The invention concerns a cell for pumping polyphasic effluent, characterised in that it comprises two rotary parts (4 - 5), the first (4) consisting of a hydraulic wheel designed for transmitting kinetic energy to each of the polyphasic effluent phases entering the cell (1a - 1b), and the second (5), following the first, consisting of an energy transforming device designed for homogenizing the phases, transferring kinetic energy between the phases, entraining the lightest phase, transforming kinetic energy into pressure and compressing the homogeneous effluent before it leaves the cell, the assembly of said cell rotary parts being mounted on a common shaft (3) axially arranged inside a fixed housing (2) comprising an inlet and an outlet for the polyphasic effluent.

Description

WO 99/4273

2 PCT / FR99 / 00279 PUMPING CELL FOR A POLYPHASIC EFFLUENT AND PUMP
COMPRISING AT LEAST ONE OF THESE CELLS.

The present invention relates to a cell of pumping a multiphase effluent as well as on a pump with one or more of these cells mounted in series. By multiphase effluent, we mean a effluent composed of a mixture of at least two phases selected from (a) a liquid phase formed of at least one liquid, (b) a gaseous phase formed of at least one gas free, and (c) a solid phase formed by particles at least one solid suspended in (a) and / or (b).
Multiphase pumping is a technology used in many industrial sectors, such as oil and gas production (pumping an effluent two-phase tanker composed of a mixture of oil and gas), chemical industries, the nuclear industry (pumping a mixture of water and water vapor) and spacecraft.
The basic architecture of industrial pumps used for pumping multiphase effluents is constituted by an impeller - or hydraulic wheel - followed a stator - or static stator. The impeller has for role of communicating kinetic energy to the mixture to be pumped, the stator rectifier then ensuring the transfer of the mixture under pressure, in particular towards the impeller of the cell immediately downstream in the case of a pump comprising several pumping cells.
Theoretical studies and tests have shown that there is a relationship between the pumping height monophasic liquid (HL) and the pumping height of a polyphasic effluent (HPh):

HPh = E x HL

where E is the multiphase efficiency, which is essentially function of the vacuum rate a and the pressure at the inlet =. : =. =. =. == ==
== == = = =. == = = =. = =
Y '= = = = = == = = = = = =
= = =. = = = = = = = = = = = = = =
- = = = = = = = = = =
. = = = = - = = = = = = = = = = = = =

Q
{a = G QG and QL being the volumetric flow rates QG + QL

respectively gas G and liquid L).
The application of conventional centrifugal pumps, semi-axial or axial - pumping a mixture of water and =
of water vapor has been studied in the nuclear field on single-stage pumps - impeller and stator - in the goal of being able to cope with an exceptional accident in a reactor.
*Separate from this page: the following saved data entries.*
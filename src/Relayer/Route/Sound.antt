-- ===== src/Relayer/Route/Sound.antt =====
-- What a handler has checked when it answers with a result, and what it has handed over.
use b402_solana.Common.{
  ℕ, ◌≤◌, ◌+◌, ◌≡◌, ◌⊎◌, inl, inr, refl, ap, sym, arith, Bool, true, false, not, List, [], ◌∷◌,
  length, take, drop, any, Option, none, some, Text, text_eq, Bytes, Result, ok, >>=-eq-ok,
  >>-eq-ok, Bool-cases, Option-cases, ltb, ◌==◌, throw_if, Result-cases,
}
use mathlib.Core.List.{Memᴰ}
use b402_solana.Relayer.Errors.{RelayerError}
use b402_solana.Relayer.Auth.{
  AuthContext, ApiKeyEntry, Headers, Bucket, authenticate, enforce_rate_limit,
}
use b402_solana.Relayer.Validate.{
  AccountMeta, RelayRequest, request_ok, extract_relayer_fee, is_allowed_program,
}
use b402_solana.Relayer.Route.Keys.{to_key_inv}
use b402_solana.Relayer.Route.{
  Config, RelayRouteOptions, SubmitInput, public_token_mint_offset, parse_body, assert_len,
  check_fee, to_key, to_keys, pubkeys_of, check_adapter, enforce_token_allowlist, to_submit_input,
  relay_body, pool_ix_body, or_empty, read_user_signature, read_additional_ixs, allow_mint, guarded,
  relay, pool_ix,
}

ok_eq : {E A : Type 0} {a b : A} → ◌≡◌ {A = Result E A} (ok a) (ok b) → a ≡ b
ok_eq e = cc

throw_if-passes : {E : Type 0} (b : Bool) (x : E) → throw_if (not b) x ≡ ok tt → b ≡ true
throw_if-passes true x e = refl
throw_if-passes false x e = cc

parse_body_inv :
    (shaped : Option RelayRequest) (body : RelayRequest)
    → parse_body shaped ≡ ok body
    → (shaped ≡ some body) × (request_ok body ≡ true)
unfolding parse_body
parse_body_inv none body e = cc
parse_body_inv (some r) body e = elim (Bool-cases (request_ok r)) [
  | inl fine ↦ ground arith
  | inr bad ↦ ground arith
]

assert_len_inv :
    (len : ℕ) (opts : RelayRouteOptions)
    → assert_len len opts ≡ ok tt
    → (opts.min_ix_data_len ≤ len) × (len ≤ opts.max_ix_data_len)
unfolding assert_len
assert_len_inv len opts e = ground arith

check_fee_inv :
    (cfg : Config) (ix_data : Bytes)
    → check_fee cfg ix_data ≡ ok tt
    → (fee : ℕ) × (extract_relayer_fee ix_data ≡ some fee) × (cfg.min_fee_lamports ≤ fee)
unfolding check_fee
check_fee_inv cfg ix_data e = elim (Option-cases (extract_relayer_fee ix_data)) [
  | inl missing ↦ cc (rw (missing, check_fee) at e)
  | inr (fee, at) ↦ (fee, at, ground arith)
]

to_keys_cons :
    (public_key : Text → Option Bytes) (name : Text) (names : List Text) (keys : List Bytes)
    → to_keys public_key (name ∷ names) ≡ ok keys
    → (key : Bytes) × (more : List Bytes) × (public_key name ≡ some key)
      × (to_keys public_key names ≡ ok more)
      × (keys ≡ key ∷ more)
unfolding to_keys
to_keys_cons public_key name names keys e =
    let (key, at, e') = >>=-eq-ok (to_key public_key name) _ e in
    let (more, others, e'') = >>=-eq-ok (to_keys public_key names) _ e' in
    (key, more, to_key_inv public_key name key at, others, cc)

-- Some account of the request is an allowlisted program.
abbrev pub NamesAdapter : (Text → Option Bytes) → Config → List AccountMeta → Type 0
NamesAdapter public_key cfg account_keys =
    (k : AccountMeta) × (key : Bytes) × Memᴰ k account_keys
    × (public_key k.pubkey ≡ some key)
    × (is_allowed_program key cfg.adapter_allowlist ≡ true)

module _ (public_key : Text → Option Bytes) where
  rest_of_any :
      (allowed : List Bytes) {key : Bytes} {seen : List Bytes} (more : List Bytes)
      → seen ≡ key ∷ more
      → any (λ k. is_allowed_program k allowed) seen ≡ true
      → is_allowed_program key allowed ≡ false
      → any (λ k. is_allowed_program k allowed) more ≡ true
  rest_of_any allowed {key = key} more same h other =
      let h' : any (λ k. is_allowed_program k allowed) (key ∷ more) ≡ true = rw same at h in
      ground arith

  names_of_any :
      (cfg : Config) (account_keys : List AccountMeta) (seen : List Bytes)
      → to_keys public_key (pubkeys_of account_keys) ≡ ok seen
      → any (λ key. is_allowed_program key cfg.adapter_allowlist) seen ≡ true
      → NamesAdapter public_key cfg account_keys
  unfolding pubkeys_of
  names_of_any cfg [] seen e h = unfold to_keys in ground arith
  names_of_any cfg (k ∷ rest) seen e h =
      let (key, more, at, others, same) =
        to_keys_cons public_key k.pubkey (pubkeys_of rest) seen e in
      elim (Bool-cases (is_allowed_program key cfg.adapter_allowlist)) [
        | inl allowed ↦ (k, key, Memᴰ.head refl, at, allowed)
        | inr other ↦
            let (k', key', m, at', allowed) =
              names_of_any cfg rest more others
                (rest_of_any cfg.adapter_allowlist more same h other) in
            (k', key', Memᴰ.tail m, at', allowed)
      ]

  check_adapter_inv :
      (cfg : Config) (opts : RelayRouteOptions) (account_keys : List AccountMeta)
      → check_adapter public_key cfg opts account_keys ≡ ok tt
      → (opts.requires_adapter_allowlist ≡ false) ⊎ NamesAdapter public_key cfg account_keys
  unfolding check_adapter
  check_adapter_inv cfg opts account_keys e = elim (Bool-cases opts.requires_adapter_allowlist) [
    | inl needed ↦ elim (Bool-cases (length cfg.adapter_allowlist == 0)) [
      | inl empty ↦ ground arith
      | inr full ↦
          let (seen, all, e') =
            >>=-eq-ok (to_keys public_key (pubkeys_of account_keys)) _ (rw (needed, full) at e) in
          inr (names_of_any cfg account_keys seen all (throw_if-passes _ _ e'))
    ]
    | inr free ↦ inl free
  ]

-- The mint that the instruction data carries, where it is long enough to, is in the key's list.
abbrev pub MintAllowed : (Bytes → Text) → Bytes → Option (List Text) → Type 0
MintAllowed to_base58 ix_data none = Unit
MintAllowed to_base58 ix_data (some []) = Unit
MintAllowed to_base58 ix_data (some (a ∷ allowlist)) =
    (length ix_data ≤ public_token_mint_offset + 31)
    ⊎ (any (λ m. text_eq m (to_base58 (take 32 (drop public_token_mint_offset ix_data))))
          (a ∷ allowlist)
        ≡ true)

too_short_for_mint :
    (n : ℕ) → ltb n (public_token_mint_offset + 32) ≡ true → n ≤ public_token_mint_offset + 31
too_short_for_mint n e = ground arith

enforce_token_allowlist_inv :
    (to_base58 : Bytes → Text) (ix_data : Bytes) (allowlist : Option (List Text))
    → enforce_token_allowlist to_base58 ix_data allowlist ≡ ok tt
    → MintAllowed to_base58 ix_data allowlist
unfolding enforce_token_allowlist allow_mint
enforce_token_allowlist_inv to_base58 ix_data none e = tt
enforce_token_allowlist_inv to_base58 ix_data (some []) e = tt
enforce_token_allowlist_inv to_base58 ix_data (some (a ∷ l)) e =
    elim (Bool-cases (ltb (length ix_data) (public_token_mint_offset + 32))) [
      | inl short ↦ inl (too_short_for_mint (length ix_data) short)
      | inr long ↦ inr (throw_if-passes _ _ (rw long at e))
    ]

-- What the handler has made sure of before it hands `input` to the submitter.
pub record Forwarded (from_base64 : Text → Bytes) (public_key : Text → Option Bytes)
    (to_base58 : Bytes → Text) (cfg : Config) (opts : RelayRouteOptions) (policy : ApiKeyEntry)
    (body : RelayRequest) (input : SubmitInput) : Type 0 where
  pub schema : request_ok body ≡ true
  pub long_enough : opts.min_ix_data_len ≤ length (from_base64 body.ix_data)
  pub short_enough : length (from_base64 body.ix_data) ≤ opts.max_ix_data_len
  pub pays :
      (fee : ℕ) × (extract_relayer_fee (from_base64 body.ix_data) ≡ some fee)
      × (cfg.min_fee_lamports ≤ fee)
  pub adapter :
      (opts.requires_adapter_allowlist ≡ false) ⊎ NamesAdapter public_key cfg body.account_keys
  pub mint : MintAllowed to_base58 (from_base64 body.ix_data) policy.token_allowlist
  pub to_the_pool : input.program_id ≡ cfg.pool_program_id
  pub same_data : input.ix_data ≡ from_base64 body.ix_data
  pub same_accounts : input.account_keys ≡ body.account_keys

to_submit_input_inv :
    (from_base64 : Text → Bytes) (public_key : Text → Option Bytes) (cfg : Config)
    (body : RelayRequest) (input : SubmitInput)
    → to_submit_input from_base64 public_key cfg body ≡ ok input
    → (input.program_id ≡ cfg.pool_program_id)
      × (input.ix_data ≡ from_base64 body.ix_data)
      × (input.account_keys ≡ body.account_keys)
unfolding to_submit_input
to_submit_input_inv from_base64 public_key cfg body input e =
    let (alts, _, e1) = >>=-eq-ok (to_keys public_key (or_empty body.alt_addresses)) _ e in
    let (sig, _, e2) =
      >>=-eq-ok (read_user_signature from_base64 public_key body.user_signature body.user_pubkey) _
        e1 in
    let (extras, _, e3) =
      >>=-eq-ok (read_additional_ixs from_base64 public_key (or_empty body.additional_ixs)) _ e2 in
    let same = ok_eq e3 in
    (
      ap (λ i. i.program_id) (sym same),
      ap (λ i. i.ix_data) (sym same),
      ap (λ i. i.account_keys) (sym same),
    )

module _ (from_base64 : Text → Bytes) (public_key : Text → Option Bytes) (to_base58 : Bytes → Text)
    {R : Type 0} (submit : SubmitInput → Result RelayerError R) (cfg : Config) where
  -- The relay handler answers with a result only where the submitter did, on an input for the pool
  -- with the client's own data and accounts, all checks passed.
  pub relay_body-Forwarded :
      (opts : RelayRouteOptions) (policy : ApiKeyEntry) (shaped : Option RelayRequest) (r : R)
      → relay_body from_base64 public_key to_base58 submit cfg opts policy shaped ≡ ok r
      → (body : RelayRequest) × (input : SubmitInput) × (shaped ≡ some body)
        × Forwarded from_base64 public_key to_base58 cfg opts policy body input
        × (submit input ≡ ok r)
  unfolding relay_body
  relay_body-Forwarded opts policy shaped r e =
      let (body, parsed, e1) = >>=-eq-ok (parse_body shaped) _ e in
      let ix_data : Bytes = from_base64 body.ix_data in
      let (given, fine) = parse_body_inv shaped body parsed in
      let (sized, e2) = >>-eq-ok (assert_len (length ix_data) opts) _ e1 in
      let (low, high) = assert_len_inv (length ix_data) opts sized in
      let (paid, e3) = >>-eq-ok (check_fee cfg ix_data) _ e2 in
      let (listed, e4) = >>-eq-ok (check_adapter public_key cfg opts body.account_keys) _ e3 in
      let (minted, e5) =
        >>-eq-ok (enforce_token_allowlist to_base58 ix_data policy.token_allowlist) _ e4 in
      let (input, made, sent) = >>=-eq-ok (to_submit_input from_base64 public_key cfg body) _ e5 in
      let (pool, same, accounts) = to_submit_input_inv from_base64 public_key cfg body input made in
      (
        body,
        input,
        given,
        record {
          schema = fine;
          long_enough = low;
          short_enough = high;
          pays = check_fee_inv cfg ix_data paid;
          adapter = check_adapter_inv public_key cfg opts body.account_keys listed;
          mint = enforce_token_allowlist_inv to_base58 ix_data policy.token_allowlist minted;
          to_the_pool = pool;
          same_data = same;
          same_accounts = accounts;
        },
        sent,
      )

  -- Behind a guard, a result means a known caller within its rate, and the handler's own result.
  guarded_inv :
      (utf8 : Text → Bytes) (buckets : List (Text × Bucket)) (headers : Headers) (now : ℕ)
      (serve : AuthContext → Result RelayerError R) (r : R)
      → (guarded from_base64 public_key to_base58 submit utf8 cfg buckets headers now serve).1
        ≡ ok r
      → (ctx : AuthContext) × (authenticate utf8 cfg.auth headers ≡ ok ctx)
        × ((enforce_rate_limit buckets ctx now).1 ≡ ok tt)
        × (serve ctx ≡ ok r)
  unfolding guarded
  guarded_inv utf8 buckets headers now serve r e =
      elim (Result-cases (authenticate utf8 cfg.auth headers)) [
        | inl (ctx, known) ↦
            let (within, served) =
              >>-eq-ok (enforce_rate_limit buckets ctx now).1 (serve ctx)
                (rw (known, guarded) at e) in
            (ctx, known, within, served)
        | inr (x, unknown) ↦ cc (rw (unknown, guarded) at e)
      ]

  -- When POST to one of the relay paths is answered with a result, the caller authenticated and
  -- stayed within its rate, every check of the handler passed for that caller's policy, and the
  -- result is the submitter's, on the pool's program id, the client's instruction data and its
  -- account list unchanged.
  pub relay-Forwarded :
      (utf8 : Text → Bytes) (opts : RelayRouteOptions) (buckets : List (Text × Bucket))
      (headers : Headers) (shaped : Option RelayRequest) (now : ℕ) (r : R)
      → (relay from_base64 public_key to_base58 submit utf8 cfg opts buckets headers shaped now).1
        ≡ ok r
      → (ctx : AuthContext) × (body : RelayRequest) × (input : SubmitInput) × (authenticate utf8
            cfg.auth headers
          ≡ ok ctx)
        × ((enforce_rate_limit buckets ctx now).1 ≡ ok tt)
        × (shaped ≡ some body)
        × Forwarded from_base64 public_key to_base58 cfg opts ctx.policy body input
        × (submit input ≡ ok r)
  unfolding relay
  relay-Forwarded utf8 opts buckets headers shaped now r e =
      let (ctx, known, within, served) = guarded_inv utf8 buckets headers now _ r e in
      let (body, input, given, forwarded, sent) =
        relay_body-Forwarded opts ctx.policy shaped r served in
      (ctx, body, input, known, within, given, forwarded, sent)

  -- When POST to a pool path is answered with a result, the caller authenticated and stayed within
  -- its rate, the body fits the schema, and the result is the submitter's, on the pool's program
  -- id, the client's instruction data and its account list unchanged.
  pool_ix-verbatim :
      (utf8 : Text → Bytes) (buckets : List (Text × Bucket)) (headers : Headers)
      (shaped : Option RelayRequest) (now : ℕ) (r : R)
      → (pool_ix from_base64 public_key to_base58 submit utf8 cfg buckets headers shaped now).1
        ≡ ok r
      → (ctx : AuthContext) × (body : RelayRequest) × (input : SubmitInput) × (authenticate utf8
            cfg.auth headers
          ≡ ok ctx)
        × ((enforce_rate_limit buckets ctx now).1 ≡ ok tt)
        × (shaped ≡ some body)
        × (request_ok body ≡ true)
        × (input.program_id ≡ cfg.pool_program_id)
        × (input.ix_data ≡ from_base64 body.ix_data)
        × (input.account_keys ≡ body.account_keys)
        × (submit input ≡ ok r)
  unfolding pool_ix pool_ix_body
  pool_ix-verbatim utf8 buckets headers shaped now r e =
      let (ctx, known, within, served) = guarded_inv utf8 buckets headers now _ r e in
      let (body, parsed, e1) = >>=-eq-ok (parse_body shaped) _ served in
      let (given, fine) = parse_body_inv shaped body parsed in
      let (input, made, sent) = >>=-eq-ok (to_submit_input from_base64 public_key cfg body) _ e1 in
      let (pool, same, accounts) = to_submit_input_inv from_base64 public_key cfg body input made in
      (ctx, body, input, known, within, given, fine, pool, same, accounts, sent)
The tests that were conducted at this opportunity have shown that diphasic pumping efficiency E declines a lot as soon as the vacuum rate exceeds 0.15-0.20 and, therefore, the multiphase pump height.
(Hph) loses 80% of its liquid monophasic value (HL), this *
which returns to a multiphase efficiency E =. 0.2. The The main cause is due to phase separation:
liquid particles are centrifuged in the impeller, forging a thin liquid film to the outer wall. This movie =
liquid moves the "along the outer wall of the impulses and the stator, resulting in the decline of the kinetic energy of the multiphase effluent and the degradation of the multiphase pumping height (Hph).
On the basis of this experience, - the industry of oil and gas studied a helico-.axial impeller, in which the centrifugation effect is limited and, by therefore, part of the liquid phase is maintained dispersed in the gas, thus ensuring = a * better multiphase efficiency E = 0.5 to 0.8, for a pressure at the entrance above 10 bars. For low rates of gas, a combination of a helicoaxial stepped pump followed a centrifugal pump = has been proposed for pumping oil well bottom, in FR-A-2 748 533.
However, this result is only relative, in because of the fact that the liquid pumping height (HL) of the helical-axial impeller is weak compared to that of semi-axial pumps, which means that, overall, the multiphase pumping height (HPh) obtained by both systems is comparable.- -In addition, at low pressure (2-3 bars), the efficiency multiphase (E)% of existing industrial impellers (also MODIFIED SHEET

3 well semi-axial pumps as helico-axial pumps) becomes very weak (E being equal to about 0, 1), penalizing so their practical use.
The present invention aims to propose a pump comprising at least one pumping cell multiphase capable of providing liquid height (HL) interesting - which is currently the case of pumps semi-axial, but not helico-axial pumps - while with good multiphase efficiency (E) - which is currently the case of helico-axial pumps, but not semi-axial pumps.
For this purpose, the present inventor has discovered that, contrary to the idea that comes naturally to the mind of try not to separate the phases and that is put in application in the case of helico-axial pumps, could accept at least partial separation of phases in the impeller and take advantage of the transmission of the significant kinetic energy of the liquid film at the effluent to pump, on the condition of providing dynamic means -and not static - ensuring the mechanisms homogenization of phases and their levels energy and then pressure recovery and finally gas compression. Existing systems, once that they transmitted the kinetic energy to phases - more or less separated - then ignore most of these means, because the stators used in the existing pumps are not not suitable for these functions. In particular, these classical stators do not provide the process at all energy exchange between the phases, limited to flow transfer to the output in configuration of more or less separate phases, resulting in a strong degradation of the multiphase efficiency (E).
The object of the present invention is therefore firstly a pump cell of a multiphase effluent, characterized by the fact that it has two parts rotating, the first consisting of a wheel hydraulic configured to transmit kinetic energy

4 at each of the phases of the multiphase effluent the cell, and the second, following the first, consisting of a transformation device energy system, configured to ensure the homogenisation of phases, the transfer of kinetic energy between phases, the training of the lightest phase, the transformation of kinetic energy into pressure and the compression of the homogeneous effluent before the exit of said cell, all of said rotating parts being mounted on the same shaft arranged axially inside a fixed housing which has an entry and exit of the multiphase effluent.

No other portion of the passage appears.